(Stored data entries)
****

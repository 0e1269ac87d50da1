-- ===== src/Modem/SoftHdlc.antt =====
-- The soft-decision HDLC decoder of core/src/modem/soft_hdlc.rs.
pub mod Defs
pub mod Validity
pub mod Recovery
pub mod Feed
pub mod Flips
pub mod Trials
pub mod Phases
pub mod Sound
pub mod FlagStop
pub mod Syndrome
pub mod SingleBit
mod Tests
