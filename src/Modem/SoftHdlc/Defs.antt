-- ===== src/Modem/SoftHdlc/Defs.antt =====
-- The state of `SoftHdlcDecoder` and its constants, of core/src/modem/soft_hdlc.rs and
-- core/src/modem/mod.rs.
use packet_radio_rs.Base.{ℕ, ◌+◌, ◌%◌, ◌^◌, min, ℤ, pos, List, replicate}

-- MAX_FRAME_BITS
abbrev pub max_frame_bits : ℕ
max_frame_bits = 3200

-- MAX_FLIP_CANDIDATES
abbrev pub max_flip_candidates : ℕ
max_flip_candidates = 12

-- FLIP_CONFIDENCE_THRESHOLD
abbrev pub flip_confidence_threshold : ℕ
flip_confidence_threshold = 96

-- TRIPLE_FLIP_LIMIT
abbrev pub triple_flip_limit : ℕ
triple_flip_limit = 8

-- MAX_FRAME_BYTES
abbrev pub max_frame_bytes : ℕ
max_frame_bytes = 400

-- CRC_RESIDUE
abbrev pub crc_residue : ℕ
crc_residue = 0x0F47

-- CRC_POLY_REFLECTED
abbrev pub crc_poly_reflected : ℕ
crc_poly_reflected = 0x8408

pub data FrameResult : Type 0 where
  valid : List ℕ → FrameResult
  recovered : List ℕ → ℕ → ℕ → FrameResult

pub data HdlcState : Type 0 where
  hunting receiving : HdlcState

-- The thresholds that `with_thresholds` sets.
pub record Thresholds : Type 0 where
  pub candidates : ℕ
  pub confidence : ℕ
  pub triples : ℕ

-- The public counters.
pub record Stats : Type 0 where
  pub hard_decode : ℕ
  pub syndrome : ℕ
  pub single_flip : ℕ
  pub pair_flip : ℕ
  pub nrzi_pair : ℕ
  pub triple_flip : ℕ
  pub nrzi_triple : ℕ
  pub crc_failures : ℕ
  pub false_positives : ℕ

-- A counter of 32 bits.
abbrev pub count_up : ℕ → ℕ
count_up n = (n + 1) % 2 ^ 32

pub record SoftHdlcDecoder : Type 0 where
  pub soft_bits : List ℤ
  pub hard_bits : List ℕ
  pub bit_count : ℕ
  pub state : HdlcState
  pub ones_count : ℕ
  pub shift_reg : ℕ
  pub shift_count : ℕ
  pub frame_buf : List ℕ
  pub current_byte : ℕ
  pub byte_bit_count : ℕ
  pub frame_len : ℕ
  pub thresholds : Thresholds
  pub stats : Stats

-- `SoftHdlcDecoder::new`
unfoldable pub new : SoftHdlcDecoder
new = record {
  soft_bits = replicate max_frame_bits (pos 0);
  hard_bits = replicate max_frame_bits 0;
  bit_count = 0;
  state = hunting;
  ones_count = 0;
  shift_reg = 0;
  shift_count = 0;
  frame_buf = replicate max_frame_bytes 0;
  current_byte = 0;
  byte_bit_count = 0;
  frame_len = 0;
  thresholds = record {
    candidates = max_flip_candidates;
    confidence = flip_confidence_threshold;
    triples = triple_flip_limit;
  };
  stats = record {
    hard_decode = 0;
    syndrome = 0;
    single_flip = 0;
    pair_flip = 0;
    nrzi_pair = 0;
    triple_flip = 0;
    nrzi_triple = 0;
    crc_failures = 0;
    false_positives = 0;
  };
}

unfoldable pub with_thresholds : ℕ → ℕ → ℕ → SoftHdlcDecoder
unfolding new
with_thresholds candidates confidence triples = record new {
  thresholds = record {
    candidates = min candidates max_flip_candidates;
    confidence = confidence;
    triples = min triples max_flip_candidates;
  };
}

-- `stats_total_soft_recovered`
unfoldable pub total_soft_recovered : SoftHdlcDecoder → ℕ
total_soft_recovered d =
    (d.stats.syndrome + d.stats.single_flip + d.stats.pair_flip + d.stats.nrzi_pair
      + d.stats.triple_flip + d.stats.nrzi_triple)
    % 2 ^ 32

unfoldable pub reset : SoftHdlcDecoder → SoftHdlcDecoder
reset d = record d {
  bit_count = 0;
  state = hunting;
  ones_count = 0;
  shift_reg = 0;
  shift_count = 0;
  current_byte = 0;
  byte_bit_count = 0;
  frame_len = 0;
}
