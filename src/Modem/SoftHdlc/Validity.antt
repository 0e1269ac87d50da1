-- ===== src/Modem/SoftHdlc/Validity.antt =====
-- `is_valid_ax25_frame` of core/src/modem/soft_hdlc.rs.
use packet_radio_rs.Base.{
  ℕ, zero, suc, ◌+◌, ◌/◌, Bool, true, false, ◌&&◌, ◌||◌, Option, none, some, List, bit_and, ltb,
  leb, ◌==◌, if◌then◌else◌, length, get_or,
}

-- A letter or a digit.
unfoldable pub is_call_char : ℕ → Bool
is_call_char ch = (leb 0x30 ch && leb ch 0x39) || (leb 0x41 ch && leb ch 0x5A)

-- The loop of `validate_callsign` with `n` rounds left.
unfoldable pub callsign_from : ℕ → ℕ → List ℕ → Bool → Bool
callsign_from zero i bytes has_nonspace = has_nonspace
callsign_from (suc n) i bytes has_nonspace =
    let ch = get_or bytes i 0 / 2 in
    let rest = callsign_from n (i + 1) bytes (if ch == 0x20 then has_nonspace else true) in
    if ch == 0x20 then rest else if is_call_char ch then rest else false

unfoldable pub validate_callsign : List ℕ → ℕ → Bool
validate_callsign bytes start = callsign_from 6 start bytes false

-- The loop over the digipeater addresses from `pos` on: the end of the last address, or none where
-- the source returns false. The loop ends at 77 at the latest, so that nine rounds are enough.
unfoldable pub walk_from : ℕ → ℕ → List ℕ → Option ℕ
walk_from zero pos bytes = none
walk_from (suc n) pos bytes =
    let rest = walk_from n (pos + 7) bytes in
    if ltb (length bytes) (pos + 7)
    then none
    else if validate_callsign bytes pos
    then (if bit_and (get_or bytes (pos + 6) 0) 0x01 == 0
        then (if ltb 70 (pos + 7) then none else rest)
        else some (pos + 7))
    else none

-- The end of the addresses.
unfoldable pub address_end : List ℕ → Option ℕ
address_end bytes = if bit_and (get_or bytes 13 0) 0x01 == 0 then walk_from 9 14 bytes else some 14

-- The control and PID fields at `pos`.
unfoldable pub fields_valid : List ℕ → ℕ → Bool
fields_valid bytes pos =
    let ctrl = get_or bytes pos 0 in
    let pid = get_or bytes (pos + 1) 0 in
    if ltb (length bytes) (pos + 2)
    then false
    else (ctrl == 0x03 || ctrl == 0x13) && (pid == 0xF0 || pid == 0xCF)

unfoldable pub is_valid_ax25_frame : List ℕ → Bool
is_valid_ax25_frame bytes =
    if ltb (length bytes) 16
    then false
    else if validate_callsign bytes 0 && validate_callsign bytes 7
    then elim (address_end bytes) [ none ↦ false | some pos ↦ fields_valid bytes pos ]
    else false
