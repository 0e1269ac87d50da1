-- ===== src/Modem/SoftHdlc/Recovery.antt =====
-- `try_syndrome_correction`, `try_bit_flip_recovery_info` and `reassemble_and_check_crc` of
-- core/src/modem/soft_hdlc.rs.
use packet_radio_rs.Base.{
  ℕ, zero, suc, ◌+◌, ◌-◌, ◌*◌, ◌/◌, ◌%◌, ◌^◌, min, Bool, true, false, ◌&&◌, Option, none, some,
  List, [], ◌∷◌, ◌++◌, map, bit_and, bit_or, bit_xor, ltb, leb, ◌==◌, if◌then◌else◌, length, get_or,
  set, take, drop, replicate, ℤ, pos, unsigned_abs,
}
use packet_radio_rs.Ax25.Crc.{crc16_ccitt}
use packet_radio_rs.Modem.SoftHdlc.Defs.{
  SoftHdlcDecoder, Stats, count_up, max_frame_bits, max_flip_candidates, flip_confidence_threshold,
  triple_flip_limit, max_frame_bytes, crc_residue, crc_poly_reflected,
}
use packet_radio_rs.Modem.SoftHdlc.Validity.{is_valid_ax25_frame}

-- `false_positives += 1`
unfoldable pub false_positive : SoftHdlcDecoder → SoftHdlcDecoder
false_positive d = record d {
  stats = record d.stats { false_positives = count_up d.stats.false_positives };
}

-- One step of the CRC with no data.
unfoldable pub zero_step : ℕ → ℕ
zero_step e = if bit_and e 1 == 0 then e / 2 else bit_xor (e / 2) crc_poly_reflected

-- The search for the syndrome, with `n` rounds left: the round that finds it.
unfoldable pub find_error : ℕ → ℕ → ℕ → ℕ → Option ℕ
find_error zero k e syndrome = none
find_error (suc n) k e syndrome =
    let rest = find_error n (k + 1) (zero_step e) syndrome in if e == syndrome then some k else rest

-- `frame_buf[bit_index / 8] ^= 1 << (bit_index % 8)`
unfoldable pub flip_in : List ℕ → ℕ → List ℕ
flip_in buf bit_index =
    set buf (bit_index / 8) (bit_xor (get_or buf (bit_index / 8) 0) (2 ^ (bit_index % 8)))

-- The flip of one bit, its check and its validation.
unfoldable pub correct_bit : SoftHdlcDecoder → ℕ → Option (ℕ × ℕ × ℕ) × SoftHdlcDecoder
correct_bit d bit_index =
    let flipped = flip_in d.frame_buf bit_index in
    let frame = take d.frame_len flipped in
    if crc16_ccitt frame == crc_residue
    then (if is_valid_ax25_frame frame
        then (
          some (d.frame_len - 2, 1, 1),
          record d {
            frame_buf = flipped;
            stats = record d.stats { syndrome = count_up d.stats.syndrome };
          },
        )
        else (none, false_positive (record d { frame_buf = flip_in flipped bit_index })))
    else (none, record d { frame_buf = flip_in flipped bit_index })

unfoldable pub try_syndrome_correction : SoftHdlcDecoder → Option (ℕ × ℕ × ℕ) × SoftHdlcDecoder
try_syndrome_correction d =
    let residue = crc16_ccitt (take d.frame_len d.frame_buf) in
    let syndrome = bit_xor residue crc_residue in
    let total_bits = d.frame_len * 8 in
    if ltb d.frame_len 17
    then (none, d)
    else if syndrome == 0
    then (none, d)
    else elim (find_error total_bits 0 crc_poly_reflected syndrome) [
      | none ↦ (none, d)
      | some k ↦ correct_bit d (total_bits - 1 - k)
    ]

-- The variables of the loop of `reassemble_and_check_crc`; the frame is the list of its bytes.
pub record Assembly : Type 0 where
  pub frame : List ℕ
  pub current_byte : ℕ
  pub byte_bits : ℕ
  pub ones : ℕ

-- `// Accumulate data bit (LSB first)`
unfoldable pub assemble_bit : Assembly → ℕ → Assembly
assemble_bit a bit =
    let byte = if bit == 0 then a.current_byte else bit_or a.current_byte (2 ^ a.byte_bits) in
    if a.byte_bits + 1 == 8
    then record a {
      frame = if ltb (length a.frame) max_frame_bytes then a.frame ++ byte ∷ [] else a.frame;
      current_byte = 0;
      byte_bits = 0;
    }
    else record a { current_byte = byte; byte_bits = a.byte_bits + 1 }

-- The loop over the bits: the frame's bytes where it ends.
unfoldable pub assemble : Assembly → List ℕ → List ℕ
assemble a [] = a.frame
assemble a (bit ∷ bits) =
    let next =
      assemble (assemble_bit (record a { ones = if bit == 0 then 0 else (a.ones + 1) % 2 ^ 8 }) bit)
        bits in
    let skip = assemble (record a { ones = 0 }) bits in
    if bit == 0
    then (if a.ones == 5 then skip else if leb 6 a.ones then a.frame else next)
    else next

abbrev pub empty_assembly : Assembly
empty_assembly = record { frame = []; current_byte = 0; byte_bits = 0; ones = 0 }

-- The bytes that the buffered bits make.
unfoldable pub reassembled : List ℕ → ℕ → List ℕ
reassembled hard_bits bit_count = assemble empty_assembly (take bit_count hard_bits)

unfoldable pub reassemble_and_check_crc : SoftHdlcDecoder → Bool × SoftHdlcDecoder
reassemble_and_check_crc d =
    let frame = reassembled d.hard_bits d.bit_count in
    if ltb (length frame) 17
    then (false, d)
    else if crc16_ccitt frame == crc_residue
    then (if is_valid_ax25_frame frame
        then (
          true,
          record d {
            frame_buf = frame ++ drop (length frame) d.frame_buf;
            frame_len = length frame;
          },
        )
        else (false, false_positive d))
    else (false, d)

-- `hard_bits[i] ^= 1`, for each index.
unfoldable pub flip : ℕ → List ℕ → List ℕ
flip i bits = set bits i (bit_xor (get_or bits i 0) 1)

unfoldable pub flip_all : List ℕ → List ℕ → List ℕ
flip_all [] bits = bits
flip_all (i ∷ flips) bits = flip_all flips (flip i bits)

-- The bits that are flipped together, and their cost.
pub record Trial : Type 0 where
  pub flips : List ℕ
  pub cost : ℕ

-- Flip, reassemble, flip back.
unfoldable pub attempt : Trial → SoftHdlcDecoder → Bool × SoftHdlcDecoder
attempt t d =
    let (found, after) =
      reassemble_and_check_crc (record d { hard_bits = flip_all t.flips d.hard_bits }) in
    (found, record after { hard_bits = flip_all t.flips after.hard_bits })

-- `best.is_none_or(|c| cost < c)`
unfoldable pub cheaper : Trial → Option Trial → Bool
cheaper t none = true
cheaper t (some best) = ltb t.cost best.cost

-- The trials of one phase in their order: the cheapest that gives a frame, the first among equals.
unfoldable pub search_best :
    List Trial → Option Trial → SoftHdlcDecoder → Option Trial × SoftHdlcDecoder
search_best [] best d = (best, d)
search_best (t ∷ trials) best d =
    let (found, after) = attempt t d in
    search_best trials (if found && cheaper t best then some t else best) after

-- A bit index with its confidence.
pub record Candidate : Type 0 where
  pub idx : ℕ
  pub confidence : ℕ

abbrev pub no_candidate : Candidate
no_candidate = record { idx = 0; confidence = flip_confidence_threshold }

-- The insertion sort from place `j` down.
unfoldable pub bubble : ℕ → List Candidate → List Candidate
bubble zero cs = cs
bubble (suc j) cs =
    let low = get_or cs j no_candidate in
    let high = get_or cs (suc j) no_candidate in
    bubble j (if ltb high.confidence low.confidence then set (set cs (suc j) low) j high else cs)

-- The loop over the soft bits with `n` rounds left.
unfoldable pub candidates_from : ℕ → ℕ → List ℤ → List Candidate → List Candidate
candidates_from zero i soft_bits cs = cs
candidates_from (suc n) i soft_bits cs =
    let confidence = unsigned_abs (get_or soft_bits i (pos 0)) in
    let last = get_or cs (max_flip_candidates - 1) no_candidate in
    candidates_from n (i + 1) soft_bits (
      if ltb confidence last.confidence
      then bubble (max_flip_candidates - 1)
          (set cs (max_flip_candidates - 1) (record { idx = i; confidence = confidence }))
      else cs)

-- The candidates before the first one at the threshold, where each loop breaks.
unfoldable pub usable : List Candidate → List Candidate
usable [] = []
usable (c ∷ cs) =
    let rest = usable cs in if leb flip_confidence_threshold c.confidence then [] else c ∷ rest

-- The trials of phases 2 and 3.
unfoldable pub singles : List Candidate → List Trial
singles cs = map (λ c. record { flips = c.idx ∷ []; cost = c.confidence }) cs

unfoldable pub pairs : List Candidate → List Trial
pairs [] = []
pairs (c ∷ cs) =
    map (λ e. record { flips = c.idx ∷ e.idx ∷ []; cost = c.confidence + e.confidence }) cs
    ++ pairs cs

-- Phase 4. A cost is taken from the soft bits.
abbrev cost_at : List ℤ → ℕ → ℕ
cost_at soft_bits i = unsigned_abs (get_or soft_bits i (pos 0))

unfoldable pub nrzi_pairs : ℕ → List ℤ → List Candidate → List Trial
nrzi_pairs count soft_bits [] = []
nrzi_pairs count soft_bits (c ∷ cs) =
    let after : Trial = record {
      flips = c.idx ∷ (c.idx + 1) ∷ [];
      cost = cost_at soft_bits c.idx + cost_at soft_bits (c.idx + 1);
    } in
    let before : Trial = record {
      flips = (c.idx - 1) ∷ c.idx ∷ [];
      cost = cost_at soft_bits (c.idx - 1) + cost_at soft_bits c.idx;
    } in
    (if ltb (c.idx + 1) count then after ∷ [] else [])
    ++ ((if ltb 0 c.idx then before ∷ [] else []) ++ nrzi_pairs count soft_bits cs)

-- Phase 5.
unfoldable pub triples : List Candidate → List Trial
triples [] = []
triples (c ∷ cs) =
    map (λ t. record { flips = c.idx ∷ t.flips; cost = c.confidence + t.cost }) (pairs cs)
    ++ triples cs

-- Phase 6.
unfoldable pub nrzi_triples : ℕ → List ℤ → List Candidate → List Trial
nrzi_triples count soft_bits [] = []
nrzi_triples count soft_bits (c ∷ cs) =
    let around : Trial = record {
      flips = (c.idx - 1) ∷ c.idx ∷ (c.idx + 1) ∷ [];
      cost =
          cost_at soft_bits (c.idx - 1) + cost_at soft_bits c.idx + cost_at soft_bits (c.idx + 1);
    } in
    (if ltb 0 c.idx && ltb (c.idx + 1) count then around ∷ [] else [])
    ++ nrzi_triples count soft_bits cs

-- One phase: the search, and the best trial once more for its frame.
unfoldable pub phase :
    List Trial → (Stats → Stats) → SoftHdlcDecoder → Option (ℕ × ℕ × ℕ) × SoftHdlcDecoder
phase trials counted d =
    let (best, after) = search_best trials none d in
    elim best [
      | none ↦ (none, after)
      | some t ↦
          let again = (attempt t after).1 in
          (
            some (again.frame_len - 2, length t.flips, t.cost),
            record again { stats = counted again.stats },
          )
    ]

-- A phase after others that found nothing.
abbrev pub or_else :
    Option (ℕ × ℕ × ℕ) × SoftHdlcDecoder
    → (SoftHdlcDecoder → Option (ℕ × ℕ × ℕ) × SoftHdlcDecoder)
    → Option (ℕ × ℕ × ℕ) × SoftHdlcDecoder
or_else (some r, d) next = (some r, d)
or_else (none, d) next = next d

-- `stats_crc_failures += 1; None`
unfoldable pub give_up : SoftHdlcDecoder → Option (ℕ × ℕ × ℕ) × SoftHdlcDecoder
give_up d =
    (none, record d { stats = record d.stats { crc_failures = count_up d.stats.crc_failures } })

-- Phases 2 to 6.
unfoldable pub flip_phases : SoftHdlcDecoder → Option (ℕ × ℕ × ℕ) × SoftHdlcDecoder
flip_phases d =
    let count = min d.bit_count max_frame_bits in
    let sorted = candidates_from count 0 d.soft_bits (replicate max_flip_candidates no_candidate) in
    let cs = usable (take (min max_flip_candidates count) sorted) in
    let few = usable (take (min (min max_flip_candidates count) triple_flip_limit) sorted) in
    let after_single =
      phase (singles cs) (λ s. record s { single_flip = count_up s.single_flip }) d in
    let after_pair =
      or_else after_single
        (phase (pairs cs) (λ s. record s { pair_flip = count_up s.pair_flip })) in
    let after_nrzi = or_else after_pair (
      phase (nrzi_pairs count d.soft_bits cs)
        (λ s. record s { nrzi_pair = count_up s.nrzi_pair })) in
    let after_triple =
      or_else after_nrzi
        (phase (triples few) (λ s. record s { triple_flip = count_up s.triple_flip })) in
    let after_all = or_else after_triple (
      phase (nrzi_triples count d.soft_bits cs)
        (λ s. record s { nrzi_triple = count_up s.nrzi_triple })) in
    or_else after_all give_up

unfoldable pub try_bit_flip_recovery_info : SoftHdlcDecoder → Option (ℕ × ℕ × ℕ) × SoftHdlcDecoder
try_bit_flip_recovery_info d =
    or_else (try_syndrome_correction d) (λ after.
      if min after.bit_count max_frame_bits == 0 then give_up after else flip_phases after)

****

* ACTIVITY
Show every line of the data in which the word "length" appears.

* ANSWER TO THIS PROBLEM
  leb, ◌==◌, if◌then◌else◌, length, get_or,
    if ltb (length bytes) (pos + 7)
    if ltb (length bytes) (pos + 2)
    if ltb (length bytes) 16
  List, [], ◌∷◌, ◌++◌, map, bit_and, bit_or, bit_xor, ltb, leb, ◌==◌, if◌then◌else◌, length, get_or,
      frame = if ltb (length a.frame) max_frame_bytes then a.frame ++ byte ∷ [] else a.frame;
    if ltb (length frame) 17
            frame_buf = frame ++ drop (length frame) d.frame_buf;
            frame_len = length frame;
            some (again.frame_len - 2, length t.flips, t.cost),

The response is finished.